(CNN) -- The prime ministers of India and Pakistan on Thursday vowed not to link action on terrorism with their peace talks, which had been derailed by last year's attacks in Mumbai.
Yusuf Raza Gilani (left) with India's Manmohan Singh in Sharm El-Sheikh.
"Both prime ministers recognized that dialogue is the only way forward," they said in a joint statement after a meeting in the Egyptian resort of Sharm El-Sheikh.
Indian Prime Minister Manmohan Singh said his country was ready to discuss all issues with Pakistan, including what he called "outstanding" ones.
The two nuclear rivals have been locked in a long and bitter dispute over the Kashmir region, which was not named specifically in the statement.
Meanwhile, Yusuf Raza Gilani assured his Indian counterpart that Pakistan will do "everything in its power" to bring the perpetrators of last year's Mumbai attacks to justice.

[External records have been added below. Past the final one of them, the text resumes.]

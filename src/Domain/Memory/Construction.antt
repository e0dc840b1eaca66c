-- ===== src/Domain/Memory/Construction.antt =====
-- What the construction of a memory guarantees.
use mathlib.Core.Path.{subst}
use umcp.Prelude.{
  ◌+◌, String, ◌≡◌, refl, sym, ap, ◌∙◌, Bool, true, false, Option, none, some, arith,
}
use umcp.Text.{normalize, is_blank, truthy, strip, lstrip, rstrip}
use umcp.Text.Normal.{normalize_idem, is_blank-normalize}
use umcp.Domain.Errors.{Result, ok, err, validation_error, ◌>>=◌, ◌>>◌, raise_if, >>=-eq-ok}
use umcp.Domain.Values.{Uuid, Datetime, ensure_aware, validate_idempotency_key}
use umcp.Domain.Memory.{
  Memory, Draft, Changes, or_old, make_memory, create, evolve, assert_transition, drafted, evolved,
}

-- A construction that succeeds gives the fields back with the content normalised.
pub make_memory-fields :
    (m m' : Memory) → make_memory m ≡ ok m' → m' ≡ record m { content = normalize m.content }
unfolding make_memory ◌>>=◌
make_memory-fields m m' h = ground arith

-- Built once, a memory passes its own validation unchanged.
pub make_memory_idem : (m m' : Memory) → make_memory m ≡ ok m' → make_memory m' ≡ ok m'
unfolding make_memory ◌>>=◌
make_memory_idem m m' h =
    rw (make_memory-fields m m' h)
      (ground (arith, normalize_idem m.content, is_blank-normalize m.content))

-- a guarded construction that succeeds has passed its guards
guarded-eq-ok :
    (a : Result (Unit {0})) (b : Bool) (t : Result Datetime) (f : Datetime → Result Memory)
    (m : Memory)
    → (a >> (raise_if b validation_error >> (t >>= f))) ≡ ok m
    → (x : Datetime) × (f x ≡ ok m) × (a ≡ ok tt) × (t ≡ ok x)
unfolding ◌>>=◌
guarded-eq-ok (err e) b t f m h = cc
guarded-eq-ok (ok _) true t f m h = cc
guarded-eq-ok (ok _) false (err e) f m h = cc
guarded-eq-ok (ok _) false (ok x) f m h = (x, h, refl, refl)

-- A successful evolution is an allowed transition, and builds the changed memory.
pub evolve-make_memory :
    (m m' : Memory) (now : Datetime) (c : Changes)
    → evolve m now c ≡ ok m'
    → (t : Datetime) × (make_memory (evolved m t c) ≡ ok m')
      × (assert_transition m.state (or_old c.state m.state) c.related_memory_id ≡ ok tt)
      × (ensure_aware now ≡ ok t)
unfolding evolve
evolve-make_memory m m' now c h =
    guarded-eq-ok (assert_transition m.state (or_old c.state m.state) c.related_memory_id)
      (is_blank c.change_reason) (ensure_aware now) (λ t. make_memory (evolved m t c)) m' h

pub create-make_memory :
    (d : Draft) (id : Uuid) (now : Datetime) (m : Memory)
    → create d id now ≡ ok m
    → (t : Datetime) × (make_memory (drafted d id t) ≡ ok m)
unfolding create
create-make_memory d id now m h =
    let (t, _, built) = >>=-eq-ok (ensure_aware now) (λ t. make_memory (drafted d id t)) h in
    (t, built)

-- The new value is the one given, or the old one when none was.
abbrev pub Takes {ℓ} : {A : Type ℓ} → Option A → A → A → Type ℓ
Takes none old new = new ≡ old
Takes (some given) old new = new ≡ given

-- a field that was set to `or_old given old` took what was given
Takes-or_old {ℓ} :
    {A : Type ℓ} (given : Option A) (old new : A) → new ≡ or_old given old → Takes given old new
Takes-or_old none old new e = e
Takes-or_old (some x) old new e = e

-- What an evolution at the time `now` keeps, and what it sets.
pub record Evolves (m m' : Memory) (now : Datetime) (c : Changes) : Type 0 where
  pub id : m'.id ≡ m.id
  pub owner_id : m'.owner_id ≡ m.owner_id
  pub tenant_id : m'.tenant_id ≡ m.tenant_id
  pub idempotency_key : m'.idempotency_key ≡ m.idempotency_key
  pub created_at : m'.created_at ≡ m.created_at
  pub capture_consent : m'.capture_consent ≡ m.capture_consent
  pub version : m'.version ≡ m.version + 1
  pub updated_at : ensure_aware now ≡ ok m'.updated_at
  pub content : (said : String) × Takes c.content m.content said × (m'.content ≡ normalize said)
  pub memory_type : Takes c.memory_type m.memory_type m'.memory_type
  pub importance : Takes c.importance m.importance m'.importance
  pub confidence : Takes c.confidence m.confidence m'.confidence
  pub state : Takes c.state m.state m'.state
  pub occurred_at : Takes c.occurred_at m.occurred_at m'.occurred_at
  pub space : Takes c.space m.space m'.space
  pub provenance : Takes c.provenance m.provenance m'.provenance
  pub embedding : Takes c.embedding m.embedding m'.embedding
  pub valid : make_memory m' ≡ ok m'

-- A successful evolution keeps the identity, owner, tenant, key, time of creation and consent, adds
-- one to the version, dates the change with the given time in UTC, and gives a memory that passes
-- its own validation unchanged. Content, type, importance, confidence, state, time of occurrence,
-- space, provenance and embedding are each the one given, or the old one when none was given; the
-- content is normalised.
pub evolve-Evolves :
    (m m' : Memory) (now : Datetime) (c : Changes) → evolve m now c ≡ ok m' → Evolves m m' now c
evolve-Evolves m m' now c h =
    let (t, built, moved, dated) = evolve-make_memory m m' now c h in
    let e = make_memory-fields (evolved m t c) m' built in
    record {
      id = ap (λ (x : Memory). x.id) e;
      owner_id = ap (λ (x : Memory). x.owner_id) e;
      tenant_id = ap (λ (x : Memory). x.tenant_id) e;
      idempotency_key = ap (λ (x : Memory). x.idempotency_key) e;
      created_at = ap (λ (x : Memory). x.created_at) e;
      capture_consent = ap (λ (x : Memory). x.capture_consent) e;
      version = ap (λ (x : Memory). x.version) e;
      updated_at = dated ∙ ap (λ (x : Memory). ok x.updated_at) (sym e);
      content = (
        or_old c.content m.content,
        Takes-or_old c.content m.content _ refl,
        ap (λ (x : Memory). x.content) e,
      );
      memory_type = Takes-or_old c.memory_type _ _ (ap (λ (x : Memory). x.memory_type) e);
      importance = Takes-or_old c.importance _ _ (ap (λ (x : Memory). x.importance) e);
      confidence = Takes-or_old c.confidence _ _ (ap (λ (x : Memory). x.confidence) e);
      state = Takes-or_old c.state _ _ (ap (λ (x : Memory). x.state) e);
      occurred_at = Takes-or_old c.occurred_at _ _ (ap (λ (x : Memory). x.occurred_at) e);
      space = Takes-or_old c.space _ _ (ap (λ (x : Memory). x.space) e);
      provenance = Takes-or_old c.provenance _ _ (ap (λ (x : Memory). x.provenance) e);
      embedding = Takes-or_old c.embedding _ _ (ap (λ (x : Memory). x.embedding) e);
      valid = make_memory_idem (evolved m t c) m' built;
    }

-- What a creation sets.
pub record Creates (d : Draft) (new_id : Uuid) (m : Memory) : Type 0 where
  pub id : m.id ≡ new_id
  pub owner_id : m.owner_id ≡ d.owner_id
  pub tenant_id : m.tenant_id ≡ d.tenant_id
  pub idempotency_key : m.idempotency_key ≡ d.idempotency_key
  pub version : m.version ≡ 1
  pub state : m.state ≡ d.initial_state
  pub embedding : m.embedding ≡ d.embedding
  pub content : m.content ≡ normalize d.content
  pub valid : make_memory m ≡ ok m

pub create-Creates :
    (d : Draft) (id : Uuid) (now : Datetime) (m : Memory) → create d id now ≡ ok m → Creates d id m
create-Creates d id now m h =
    let (t, built) = create-make_memory d id now m h in
    let e = make_memory-fields (drafted d id t) m built in
    record {
      id = ap (λ (x : Memory). x.id) e;
      owner_id = ap (λ (x : Memory). x.owner_id) e;
      tenant_id = ap (λ (x : Memory). x.tenant_id) e;
      idempotency_key = ap (λ (x : Memory). x.idempotency_key) e;
      version = ap (λ (x : Memory). x.version) e;
      state = ap (λ (x : Memory). x.state) e;
      embedding = ap (λ (x : Memory). x.embedding) e;
      content = ap (λ (x : Memory). x.content) e;
      valid = make_memory_idem (drafted d id t) m built;
    }

validated_key :
    (m m' : Memory)
    → make_memory m ≡ ok m'
    → (k : Option String) × (validate_idempotency_key m.idempotency_key ≡ ok k)
unfolding make_memory ◌>>=◌
validated_key m m' h = ground arith

used_key :
    (key : String) (k : Option String)
    → validate_idempotency_key (some key) ≡ ok k
    → truthy (some key) ≡ true
unfolding validate_idempotency_key strip lstrip rstrip ◌>>=◌
used_key String.[] k h = cc
used_key (String.◌∷◌ c key) k h = refl

-- A memory that passes validation has no empty idempotency key.
pub key-truthy :
    (m m' : Memory) (key : String)
    → make_memory m ≡ ok m'
    → m.idempotency_key ≡ some key
    → truthy (some key) ≡ true
key-truthy m m' key h e =
    let (k, checked) = validated_key m m' h in
    used_key key k (subst (λ o. validate_idempotency_key o ≡ ok k) e checked)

The attack on India's financial hub began on November 26, 2008 when gunmen -- who Indian authorities later identified as 10 Pakistani nationals -- surged into at least nine locations in the city, killing 183 people and wounding 300. All but one of the gunmen was killed during the 60-hour wave of violence.
Both leaders identified terrorism as the main threat to their nations and resolved to cooperate with each other in order to fight it.